Records from a data collection –
▼

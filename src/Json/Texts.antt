-- ===== src/Json/Texts.antt =====
-- The texts that Json::dump of Plugins/FrameSolver/Standalone/v2/MiniJson.h writes, and the steps of the
-- parser on them.
use architect_simulator.Base.{
  ◌≡◌, refl, ap, ◌∙◌, ℕ, suc, ◌<◌, Bool, true, false, List, [], ◌∷◌, ◌++◌, append_assoc, arith, ltb,
}
use architect_simulator.Json.{dump_string}
use architect_simulator.Json.RoundTrip.{parse_string-dump_string}
use architect_simulator.Json.Number.{scanned, Number, parse_number}
use architect_simulator.Json.Integers.{Stops}
use architect_simulator.Json.Value.{
  Json, null, bool, number, string, array, object, Items, nil, cons, Fields, end, field, emplace,
  dump_number, dump, dump_items, dump_fields,
}
use architect_simulator.Json.Parse.{
  Outcome, read, then_read, max_json_depth, skip, string_outcome, number_outcome, parse_bool,
  parse_null, next_item, open_array, next_field, open_object, start_value, parse_value, parse_items,
  parse_fields,
}
use architect_simulator.Json.Heads.{
  starts, Head, skip-Head, Head-append, start_value-number, open_array-Head, parse_key-dump_string,
  NumberReads, parse_number-dump_number, NumberHead, dump_number-NumberHead, NumberHead-Head,
}

module _ {D : Type 0} (strtod : List ℕ → D) (is_finite : D → Bool) where
  module _ (format : D → List ℕ) where
    pub number_read :
        (fuel depth : ℕ) (n : Number D) (rest : List ℕ)
        → NumberReads strtod is_finite format n
        → Stops rest
        → parse_value strtod is_finite (suc fuel) depth (dump format (number n) ++ rest)
          ≡ read (number n) rest
    unfolding parse_value dump
    number_read fuel depth n rest h s =
        rw
          (skip-Head _ (
            Head-append _ rest (
              NumberHead-Head strtod is_finite format _
                (dump_number-NumberHead strtod is_finite format n h))))
          (go (dump_number format n) (dump_number-NumberHead strtod is_finite format n h)
            (parse_number-dump_number strtod is_finite format n rest h s))
      where
        go :
            (t : List ℕ)
            → NumberHead strtod is_finite format t
            → parse_number strtod is_finite (t ++ rest) ≡ scanned n rest
            → start_value strtod is_finite depth
                (λ d. parse_items strtod is_finite fuel d)
                (λ d o. parse_fields strtod is_finite fuel d o)
                (t ++ rest)
              ≡ read (number n) rest
        go t (starts c cs h) e =
            start_value-number strtod is_finite depth c (cs ++ rest)
              (λ d. parse_items strtod is_finite fuel d)
              (λ d o. parse_fields strtod is_finite fuel d o) h
            ∙ ap (number_outcome strtod is_finite) e

    pub string-read :
        (fuel depth : ℕ) (t rest : List ℕ)
        → parse_value strtod is_finite (suc fuel) depth (dump format (string t) ++ rest)
          ≡ read (string t) rest
    unfolding parse_value dump dump_string skip start_value
    string-read fuel depth t rest =
        ap (string_outcome strtod is_finite) (parse_string-dump_string t rest)

    pub dump_array :
        (x : Json D) (xs : Items D) (rest : List ℕ)
        → dump format (array (cons x xs)) ++ rest
          ≡ 91 ∷ dump format x ++ (dump_items format xs ++ 93 ∷ rest)
    unfolding dump
    dump_array x xs rest =
        append_assoc (91 ∷ dump format x) (dump_items format xs ++ 93 ∷ []) rest
        ∙ ap (λ t. 91 ∷ dump format x ++ t) (append_assoc (dump_items format xs) (93 ∷ []) rest)

    pub dump_object :
        (k : List ℕ) (v : Json D) (fs : Fields D) (rest : List ℕ)
        → dump format (object (field k v fs)) ++ rest
          ≡ 123 ∷ dump_string k ++ (58 ∷ dump format v ++ (dump_fields format fs ++ 125 ∷ rest))
    unfolding dump
    dump_object k v fs rest =
        append_assoc (123 ∷ dump_string k)
          (58 ∷ dump format v ++ (dump_fields format fs ++ 125 ∷ [])) rest
        ∙ ap (λ t. 123 ∷ dump_string k ++ t)
            (append_assoc (58 ∷ dump format v) (dump_fields format fs ++ 125 ∷ []) rest
              ∙ ap (λ t. 58 ∷ dump format v ++ t)
                  (append_assoc (dump_fields format fs) (125 ∷ []) rest))

    pub dump_items_rest :
        (x : Json D) (xs : Items D) (rest : List ℕ)
        → dump_items format (cons x xs) ++ rest
          ≡ 44 ∷ dump format x ++ (dump_items format xs ++ rest)
    unfolding dump
    dump_items_rest x xs rest = append_assoc (44 ∷ dump format x) (dump_items format xs) rest

    pub dump_fields_rest :
        (k : List ℕ) (v : Json D) (fs : Fields D) (rest : List ℕ)
        → dump_fields format (field k v fs) ++ rest
          ≡ 44 ∷ dump_string k ++ (58 ∷ dump format v ++ (dump_fields format fs ++ rest))
    unfolding dump
    dump_fields_rest k v fs rest =
        append_assoc (44 ∷ dump_string k) (58 ∷ dump format v ++ dump_fields format fs) rest
        ∙ ap (λ t. 44 ∷ dump_string k ++ t)
            (append_assoc (58 ∷ dump format v) (dump_fields format fs) rest)

    pub dump_items_nil : (rest : List ℕ) → dump_items format nil ++ rest ≡ rest
    unfolding dump
    dump_items_nil rest = refl

    pub dump_fields_end : (rest : List ℕ) → dump_fields format end ++ rest ≡ rest
    unfolding dump
    dump_fields_end rest = refl

    -- An array whose items are read, and an object whose fields are.
    pub array-read :
        (fuel depth : ℕ) (s rest : List ℕ) (xs : Items D)
        → Head s
        → depth < max_json_depth
        → parse_items strtod is_finite fuel (suc depth) s ≡ read xs rest
        → parse_value strtod is_finite (suc fuel) depth (91 ∷ s) ≡ read (array xs) rest
    unfolding parse_value start_value skip
    array-read fuel depth s rest xs h l e =
        ap (open_array strtod is_finite depth (λ d. parse_items strtod is_finite fuel d))
          (skip-Head s h)
        ∙ open_array-Head strtod is_finite depth (λ d. parse_items strtod is_finite fuel d) s h l
        ∙ ap (λ o. then_read o (λ vs r. read (array vs) r)) e

    pub object-read :
        (fuel depth : ℕ) (s rest : List ℕ) (fs : Fields D)
        → depth < max_json_depth
        → parse_fields strtod is_finite fuel (suc depth) end (34 ∷ s) ≡ read fs rest
        → parse_value strtod is_finite (suc fuel) depth (123 ∷ 34 ∷ s) ≡ read (object fs) rest
    unfolding parse_value start_value skip open_object
    object-read fuel depth s rest fs l e =
        let deep : ltb max_json_depth (suc depth) ≡ false = ground (arith, l) in
        rw deep (ap (λ o. then_read o (λ vs r. read (object vs) r)) e)

    pub items-last :
        (fuel depth : ℕ) (s rest : List ℕ) (x : Json D)
        → parse_value strtod is_finite fuel depth s ≡ read x (93 ∷ rest)
        → parse_items strtod is_finite (suc fuel) depth s ≡ read (cons x nil) rest
    unfolding parse_value next_item skip
    items-last fuel depth s rest x e = rw e refl

    pub items-more :
        (fuel depth : ℕ) (s t rest : List ℕ) (x : Json D) (xs : Items D)
        → parse_value strtod is_finite fuel depth s ≡ read x (44 ∷ t)
        → parse_items strtod is_finite fuel depth t ≡ read xs rest
        → parse_items strtod is_finite (suc fuel) depth s ≡ read (cons x xs) rest
    unfolding parse_value next_item skip
    items-more fuel depth s t rest x xs e f = rw (e, f) refl

    key-skip : (k s : List ℕ) → skip (dump_string k ++ 58 ∷ s) ≡ dump_string k ++ 58 ∷ s
    unfolding dump_string skip
    key-skip k s = refl

    pub fields-last :
        (fuel depth : ℕ) (k s rest : List ℕ) (v : Json D) (acc : Fields D)
        → parse_value strtod is_finite fuel depth s ≡ read v (125 ∷ rest)
        → parse_fields strtod is_finite (suc fuel) depth acc (dump_string k ++ 58 ∷ s)
          ≡ read (emplace k v acc) rest
    unfolding parse_value next_field skip
    fields-last fuel depth k s rest v acc e =
        rw (key-skip k s, parse_key-dump_string strtod is_finite k s, e) refl

    pub fields-more :
        (fuel depth : ℕ) (k s t : List ℕ) (v : Json D) (acc : Fields D) (o : Outcome (Fields D))
        → parse_value strtod is_finite fuel depth s ≡ read v (44 ∷ t)
        → parse_fields strtod is_finite fuel depth (emplace k v acc) t ≡ o
        → parse_fields strtod is_finite (suc fuel) depth acc (dump_string k ++ 58 ∷ s) ≡ o
    unfolding parse_value next_field skip
    fields-more fuel depth k s t v acc o e f =
        rw (key-skip k s, parse_key-dump_string strtod is_finite k s, e) f

    -- The texts that hold no others.
    pub null-read :
        (fuel depth : ℕ) (rest : List ℕ)
        → parse_value strtod is_finite (suc fuel) depth (dump format null ++ rest) ≡ read null rest
    unfolding parse_value start_value skip parse_null dump
    null-read fuel depth rest = refl

    pub bool-read :
        (b : Bool) (fuel depth : ℕ) (rest : List ℕ)
        → parse_value strtod is_finite (suc fuel) depth (dump format (bool b) ++ rest)
          ≡ read (bool b) rest
    unfolding parse_value start_value skip parse_bool dump
    bool-read true fuel depth rest = refl
    bool-read false fuel depth rest = refl

    pub nil-read :
        (fuel depth : ℕ) (rest : List ℕ)
        → depth < max_json_depth
        → parse_value strtod is_finite (suc fuel) depth (dump format (array nil) ++ rest)
          ≡ read (array nil) rest
    unfolding parse_value start_value skip open_array dump
    nil-read fuel depth rest l =
        let deep : ltb max_json_depth (suc depth) ≡ false = ground (arith, l) in rw deep refl

    pub end-read :
        (fuel depth : ℕ) (rest : List ℕ)
        → depth < max_json_depth
        → parse_value strtod is_finite (suc fuel) depth (dump format (object end) ++ rest)
          ≡ read (object end) rest
    unfolding parse_value start_value skip open_object dump
    end-read fuel depth rest l =
        let deep : ltb max_json_depth (suc depth) ≡ false = ground (arith, l) in rw deep refl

▲

TASK ITEM –
Only a number is wanted here: the count of lines above that contain the word "scanned".

YOUR RESPONSE –
2